(Dataset entries)
....

-- ===== src/Lifecycle/Activate.antt =====
-- activate_registry and rollback_registry of src/codekg/graph_lifecycle.py.
use my_kg_codebase.Prelude.{
  ℕ, Bool, true, false, not, Option, none, some, List, [], ◌∷◌, ◌++◌, if◌then◌else◌, is_some,
}
use my_kg_codebase.Prelude.Text.{Text, text_eq}
use my_kg_codebase.Prelude.Dict.{lookup}
use my_kg_codebase.Lifecycle.Files.{
  FilePath, joined_parts, full_path, previous_path, Payload, Failure, symlink, uninspectable,
  not_siblings, not_distinct, invalid_registry, failed_backend, ok, err, Action, ◌>>=◌, ◌>>◌, pure,
  raise, read_bytes, read_if_exists, atomic_write,
}

abbrev pub guard : Bool → Failure → Action (Unit {0})
guard true failure = pure tt
guard false failure = raise failure

-- previous_path if previous_path else <active>.previous
abbrev pub previous_or : FilePath → Option FilePath → FilePath
previous_or active none = previous_path active
previous_or active (some path) = path

-- What activate_registry returns, less the two flags on the restart of the server, which are
-- constant.
pub record Activation : Type 0 where
  pub active_registry : Text
  pub previous_registry : Option Text
  pub generation_count : ℕ

pub record Rollback : Type 0 where
  pub active_registry : Text
  pub restored_graphs : ℕ

abbrev pub same_parent : FilePath → FilePath → Bool
same_parent a b = text_eq (joined_parts a.parent) (joined_parts b.parent)

module _ (fails : ℕ → Bool) (random : ℕ → Text) where
  -- if old_payload is not None: _atomic_write(previous, old_payload)
  abbrev pub keep_previous : FilePath → Option Payload → Action (Unit {0})
  keep_previous previous none = pure tt
  keep_previous previous (some old) = atomic_write fails random previous old

  -- The writes of activate_registry
  unfoldable pub switch : FilePath → FilePath → Action (Option Payload)
  switch candidate active = do
    payload ← read_bytes fails random candidate
    old ← read_if_exists fails random active
    keep_previous (previous_path active) old
    atomic_write fails random active payload
    pure old

-- `is_symlink` is Path.is_symlink, none for an OSError. `load` is what GraphRegistry.load makes of the
-- bytes of a file, none for an exception; that it reads them is not one of the operations that can
-- fail here. `graphs` is the number of the registry's graphs. `validates` says whether
-- the validator of backends, which the caller gives, passes a registry.
module _ (fails : ℕ → Bool) (random : ℕ → Text) (is_symlink : Text → Option Bool)
    {Registry : Type 0} (load : Payload → Option Registry) (graphs : Registry → ℕ)
    (validates : Registry → Bool) where
  -- _reject_symlink_path, for the components behind a path without symlinks
  unfoldable pub reject_symlinks : Text → List Text → Action (Unit {0})
  reject_symlinks current [] = pure tt
  reject_symlinks current (part ∷ parts) =
      let next = current ++ b'/' ∷ part in
      elim (is_symlink next) [
        | none ↦ raise uninspectable
        | some linked ↦ guard (not linked) symlink >> reject_symlinks next parts
      ]

  -- _absolute_path_without_symlinks and _reject_symlink_path, for a path in normal form. What
  -- passes is its own resolve().
  unfoldable pub reject_symlink_path : FilePath → Action (Unit {0})
  reject_symlink_path path = reject_symlinks [] (path.parent ++ path.name ∷ [])

  -- GraphRegistry.load, then the validator
  unfoldable pub validated : FilePath → Action Registry
  validated path d = elim (lookup (full_path path) d.files) [
    | none ↦ (err invalid_registry, d)
    | some payload ↦ elim (load payload) [
      | none ↦ (err invalid_registry, d)
      | some registry ↦ if validates registry then (ok registry, d) else (err failed_backend, d)
    ]
  ]

  unfoldable pub activate_registry : FilePath → FilePath → Action Activation
  activate_registry candidate active = do
    reject_symlink_path candidate
    reject_symlink_path active
    reject_symlink_path (previous_path active)
    guard (same_parent candidate active) not_siblings
    guard (not (text_eq (full_path candidate) (full_path active))) not_distinct
    registry ← validated candidate
    old ← switch fails random candidate active
    pure (record {
      active_registry = full_path active;
      previous_registry = if is_some old then some (full_path (previous_path active)) else none;
      generation_count = graphs registry;
    })

  -- rollback_registry, with the previous path or none for `<active>.previous`
  unfoldable pub rollback_registry : FilePath → Option FilePath → Action Rollback
  rollback_registry active previous_given = do
    reject_symlink_path active
    let previous = previous_or active previous_given
    reject_symlink_path previous
    guard (same_parent active previous) not_siblings
    registry ← validated previous
    payload ← read_bytes fails random previous
    atomic_write fails random active payload
    pure (record { active_registry = full_path active; restored_graphs = graphs registry })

....

Repeat what the records above say. Use their exact words.

-- ===== src/Lifecycle/Activate.antt =====
-- activate_registry and rollback_registry of src/codekg/graph_lifecycle.py.
use my_kg_codebase.Prelude.{
  ℕ, Bool, true, false, not, Option, none, some, List, [], ◌∷◌, ◌++◌, if◌then◌else◌, is_some,
}
use my_kg_codebase.Prelude.Text.{Text, text_eq}
use my_kg_codebase.Prelude.Dict.{lookup}
use my_kg_codebase.Lifecycle.Files.{
  FilePath, joined_parts, full_path, previous_path, Payload, Failure, symlink, uninspectable,
  not_siblings, not_distinct, invalid_registry, failed_backend, ok, err, Action, ◌>>=◌, ◌>>◌, pure,
  raise, read_bytes, read_if_exists, atomic_write,
}

abbrev pub guard : Bool → Failure → Action (Unit {0})
guard true failure = pure tt
guard false failure = raise failure

-- previous_path if previous_path else <active>.previous
abbrev pub previous_or : FilePath → Option FilePath → FilePath
previous_or active none = previous_path active
previous_or active (some path) = path

-- What activate_registry returns, less the two flags on the restart of the server, which are
-- constant.
pub record Activation : Type 0 where
  pub active_registry : Text
  pub previous_registry : Option Text
  pub generation_count : ℕ

pub record Rollback : Type 0 where
  pub active_registry : Text
  pub restored_graphs : ℕ

abbrev pub same_parent : FilePath → FilePath → Bool
same_parent a b = text_eq (joined_parts a.parent) (joined_parts b.parent)

module _ (fails : ℕ → Bool) (random : ℕ → Text) where
  -- if old_payload is not None: _atomic_write(previous, old_payload)
  abbrev pub keep_previous : FilePath → Option Payload → Action (Unit {0})
  keep_previous previous none = pure tt
  keep_previous previous (some old) = atomic_write fails random previous old

  -- The writes of activate_registry
  unfoldable pub switch : FilePath → FilePath → Action (Option Payload)
  switch candidate active = do
    payload ← read_bytes fails random candidate
    old ← read_if_exists fails random active
    keep_previous (previous_path active) old
    atomic_write fails random active payload
    pure old

-- `is_symlink` is Path.is_symlink, none for an OSError. `load` is what GraphRegistry.load makes of the
-- bytes of a file, none for an exception; that it reads them is not one of the operations that can
-- fail here. `graphs` is the number of the registry's graphs. `validates` says whether
-- the validator of backends, which the caller gives, passes a registry.
module _ (fails : ℕ → Bool) (random : ℕ → Text) (is_symlink : Text → Option Bool)
    {Registry : Type 0} (load : Payload → Option Registry) (graphs : Registry → ℕ)
    (validates : Registry → Bool) where
  -- _reject_symlink_path, for the components behind a path without symlinks
  unfoldable pub reject_symlinks : Text → List Text → Action (Unit {0})
  reject_symlinks current [] = pure tt
  reject_symlinks current (part ∷ parts) =
      let next = current ++ b'/' ∷ part in
      elim (is_symlink next) [
        | none ↦ raise uninspectable
        | some linked ↦ guard (not linked) symlink >> reject_symlinks next parts
      ]

  -- _absolute_path_without_symlinks and _reject_symlink_path, for a path in normal form. What
  -- passes is its own resolve().
  unfoldable pub reject_symlink_path : FilePath → Action (Unit {0})
  reject_symlink_path path = reject_symlinks [] (path.parent ++ path.name ∷ [])

  -- GraphRegistry.load, then the validator
  unfoldable pub validated : FilePath → Action Registry
  validated path d = elim (lookup (full_path path) d.files) [
    | none ↦ (err invalid_registry, d)
    | some payload ↦ elim (load payload) [
      | none ↦ (err invalid_registry, d)
      | some registry ↦ if validates registry then (ok registry, d) else (err failed_backend, d)
    ]
  ]

  unfoldable pub activate_registry : FilePath → FilePath → Action Activation
  activate_registry candidate active = do
    reject_symlink_path candidate
    reject_symlink_path active
    reject_symlink_path (previous_path active)
    guard (same_parent candidate active) not_siblings
    guard (not (text_eq (full_path candidate) (full_path active))) not_distinct
    registry ← validated candidate
    old ← switch fails random candidate active
    pure (record {
      active_registry = full_path active;
      previous_registry = if is_some old then some (full_path (previous_path active)) else none;
      generation_count = graphs registry;
    })

  -- rollback_registry, with the previous path or none for `<active>.previous`
  unfoldable pub rollback_registry : FilePath → Option FilePath → Action Rollback
  rollback_registry active previous_given = do
    reject_symlink_path active
    let previous = previous_or active previous_given
    reject_symlink_path previous
    guard (same_parent active previous) not_siblings
    registry ← validated previous
    payload ← read_bytes fails random previous
    atomic_write fails random active payload
    pure (record { active_registry = full_path active; restored_graphs = graphs registry })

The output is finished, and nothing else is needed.